Pasaron tres días, y el Profesor Braddock seguía ausente en Londres, aunque alguna que otra carta a Lucy le pedía que enviara tal o cual artículo del museo, a veces por correo y en otras ocasiones por medio de Cocatúa, que viajaba expresamente a la ciudad. El Canaca volvía siempre con la noticia de que su amo tenía buen aspecto, pero sin traer ninguna palabra del regreso del Profesor. Lucy no se sorprendía, acostumbrada como estaba a las veleidades de Braddock.

Mientras tanto Don Pedro, instalado cómodamente en la posada del Guerrero, recorría Gartley con su aire digno, mostrando muy poco interés por el pueblo, pero uno muy grande por Las Pirámides. Como el Profesor estaba ausente, Lucy no podía invitarle a cenar, pero sí le invitó a él y a Donna Inés al té de la tarde. Don Pedro estaba ansioso por echar un vistazo al museo, pero Cocatúa se negó rotundamente a dejarle entrar, diciendo que su amo había prohibido que nadie viera la colección durante su ausencia. Y en esta negativa Cocatúa fue respaldado por la señorita Kendal, que tenía un miedo saludable a la cólera de su padrastro si volvía y encontraba que un extraño había estado circulando libremente por sus sagrados aposentos. El caballero peruano se mostró extremadamente decepcionado; tanto, en efecto, que Lucy se imaginó que creía que Braddock tenía la momia verde escondida en el museo, a pesar del comunicado de pérdida del Sailor's Rest.

Al no poder conseguir permiso para recorrer las habitaciones de Las Pirámides, Don Pedro hacía visitas ocasionales a Pierside y preguntaba a la policía acerca del asesinato de Bolton. Del Inspector Date no supo nada de importancia, e incluso ese oficial expresó su convicción de que la verdad no se sabría hasta el Día del Juicio Final. Entonces se le ocurrió a De Gayangos explorar los alrededores del Sailor's Rest y examinar él mismo aquel establecimiento. Vio la famosa ventana a través de la cual la misteriosa mujer había hablado con el difunto, y notó que daba sobre un estrecho camino pedregoso, al borde del agua, desde donde un tosco embarcadero se adentraba en la corriente algún trecho. Nada hubiera sido más fácil, reflexionó Don Pedro, que para el asesino entrar por la ventana, y, habiendo consumado su obra, salir por el mismo camino, llevando el estuche que contenía la momia. Unos pocos pasos le llevarían a él y a su carga a una barca que le esperase, y una vez que la embarcación se deslizase en las brumas del río, todo rastro se perdería, como en efecto había ocurrido. De este modo creía el caballero peruano que habían sido consumados el asesinato y el robo, pero incluso suponiendo que las cosas hubieran ocurrido como él conjeturaba, seguía estando tan lejos como siempre de descifrar el misterio.

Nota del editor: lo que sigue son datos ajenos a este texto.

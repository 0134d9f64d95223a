-- ===== src/Credentials/Answers.antt =====
-- `verify_credentials` of app/services/auth_service.py by what the repository finds.
use ms_auth_service.Prelude.{
  ℕ, suc, ◌+◌, max, String, ◌≡◌, ◌≤◌, ◌⊎◌, inl, inr, refl, Bool, Option, List, [], ◌∷◌, arith,
  those, length,
}
use ms_auth_service.Py.Exec.{Exn, Result, ok, raise}
use ms_auth_service.Py.Str.{normalize_email}
use ms_auth_service.Identity.{
  AccountType, StoredIdentity, Tables, IdentityResponse, from_identity, find_by_email,
  find_identities,
}
use ms_auth_service.Credentials.{
  normalize_bcrypt_prefix, checked, verify_password, collect_matches, answer, attempt,
  verify_credentials, burn_dummy_password_check,
}

-- `checkpw` raises nothing but the errors that `verify_password` handles.
abbrev pub IsHandled : (String → String → Result Bool) → Type 0
IsHandled checkpw = (p h : String) → (b : Bool) × (checked (checkpw p h) ≡ ok b)

-- What the identities whose password it is come to.
abbrev pub IsDecided : List StoredIdentity → Result IdentityResponse → Type 0
IsDecided matches r =
    ((length matches ≡ 0) × (r ≡ raise Exn.invalid_credentials))
    ⊎ ((i : StoredIdentity) × (matches ≡ i ∷ []) × (r ≡ ok (from_identity i)))
    ⊎ ((2 ≤ length matches) × (r ≡ raise Exn.ambiguous_identity))

module _ (checkpw : String → String → Result Bool) (handled : IsHandled checkpw) where
  -- Whether the password is that of the identity.
  pub has_password : String → StoredIdentity → Bool
  has_password p i = (handled p (normalize_bcrypt_prefix i.password_hash)).0

  verify_password_lem :
      (p : String) (i : StoredIdentity) (n : ℕ)
      → verify_password checkpw p i.password_hash n ≡ (ok (has_password p i), suc n)
  unfolding verify_password has_password
  verify_password_lem p i n = rw ((handled p (normalize_bcrypt_prefix i.password_hash)).1) refl

  collect_matches_lem :
      (p : String) (is : List StoredIdentity) (n : ℕ)
      → collect_matches checkpw p is n ≡ (ok (those (has_password p) is), n + length is)
  unfolding collect_matches those
  collect_matches_lem p [] n = let e : n + 0 ≡ n = omega arith in rw e refl
  collect_matches_lem p (i ∷ is) n =
      let e : suc n + length is ≡ n + suc (length is) = omega arith in
      rw (verify_password_lem p i n, collect_matches_lem p is (suc n), e) refl

  attempt_lem :
      (dummy p : String) (is : List StoredIdentity) (n : ℕ)
      → attempt checkpw dummy p is n
        ≡ (answer checkpw (those (has_password p) is), n + max 1 (length is))
  unfolding attempt burn_dummy_password_check verify_password those
  attempt_lem dummy p [] n =
      let e : suc n ≡ n + 1 = omega arith in
      rw ((handled p (normalize_bcrypt_prefix dummy)).1, e) refl
  attempt_lem dummy p (i ∷ is) n =
      let e : max 1 (suc (length is)) ≡ suc (length is) = omega arith in
      rw (collect_matches_lem p (i ∷ is) n, e) refl

  answer-IsDecided : (matches : List StoredIdentity) → IsDecided matches (answer checkpw matches)
  answer-IsDecided [] = inl (refl, refl)
  answer-IsDecided (i ∷ []) = inr (inl (i, refl, refl))
  answer-IsDecided (i ∷ j ∷ is) = inr (inr (omega arith, refl))

  -- When `checkpw` raises nothing but ValueError and TypeError, and the query succeeds, the answer
  -- is decided by the identities of the address and the type whose password it is: with none of
  -- them the credentials are invalid, a single one is answered with, and two or more are refused
  -- as ambiguous. bcrypt is computed at least
  -- once, and once for each identity of the address and the type.
  pub verify_credentials_lem :
      (sql_lower : String → String) (tables : Tables) (dummy email p : String)
      (t : Option AccountType) (n : ℕ)
      → let is = find_identities sql_lower (normalize_email email) t tables in
        let v = verify_credentials checkpw sql_lower (ok tables) dummy email p t n in
        IsDecided (those (has_password p) is) v.0 × (v.1 ≡ n + max 1 (length is))
  unfolding verify_credentials find_by_email
  verify_credentials_lem sql_lower tables dummy email p t n =
      let is = find_identities sql_lower (normalize_email email) t tables in
      rw (attempt_lem dummy p is n) (answer-IsDecided (those (has_password p) is), refl)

Mientras Don Pedro buscaba el cadáver de su real antepasado, y de paso al ladrón y asesino, su hija era cortejada por Sir Frank Random. El cielo sabe lo que veía en ella —como Lucy observó a Hope— pues la muchacha no tenía una sola palabra que decir. Era indudablemente hermosa, y vestía con mucho gusto, salvo por ocasionales indicios de bárbaro deleite en el color, heredados sin duda de sus antepasados Incas. Aun así, parecía carecer de conversación trivial o importante, o de cualquier conversación. Estaba sentada y sonreía y parecía un hermoso cuadro, pero después de satisfacer el ojo con su apariencia, dejaba mucho que desear. Sin embargo, Sir Frank apreciaba su quietud majestuosa, y parecía ansioso por hacerla su esposa. Lucy, a pesar de que él había superado tan rápidamente su negativa a casarse con él, deseaba que fuese feliz con Donna Inés, a quien parecía amar, y le brindaba todas las oportunidades de encontrarse con la señorita para que pudiera proseguir su galanteo. Aun así se preguntaba que deseara casarse con un témpano de hielo, y Donna Inés, con su lengua silenciosa y sus frías sonrisas, poco más era. Sin embargo, como Frank Random era la parte principal interesada en el galanteo —pues Donna Inés era meramente pasiva— no había más que decir.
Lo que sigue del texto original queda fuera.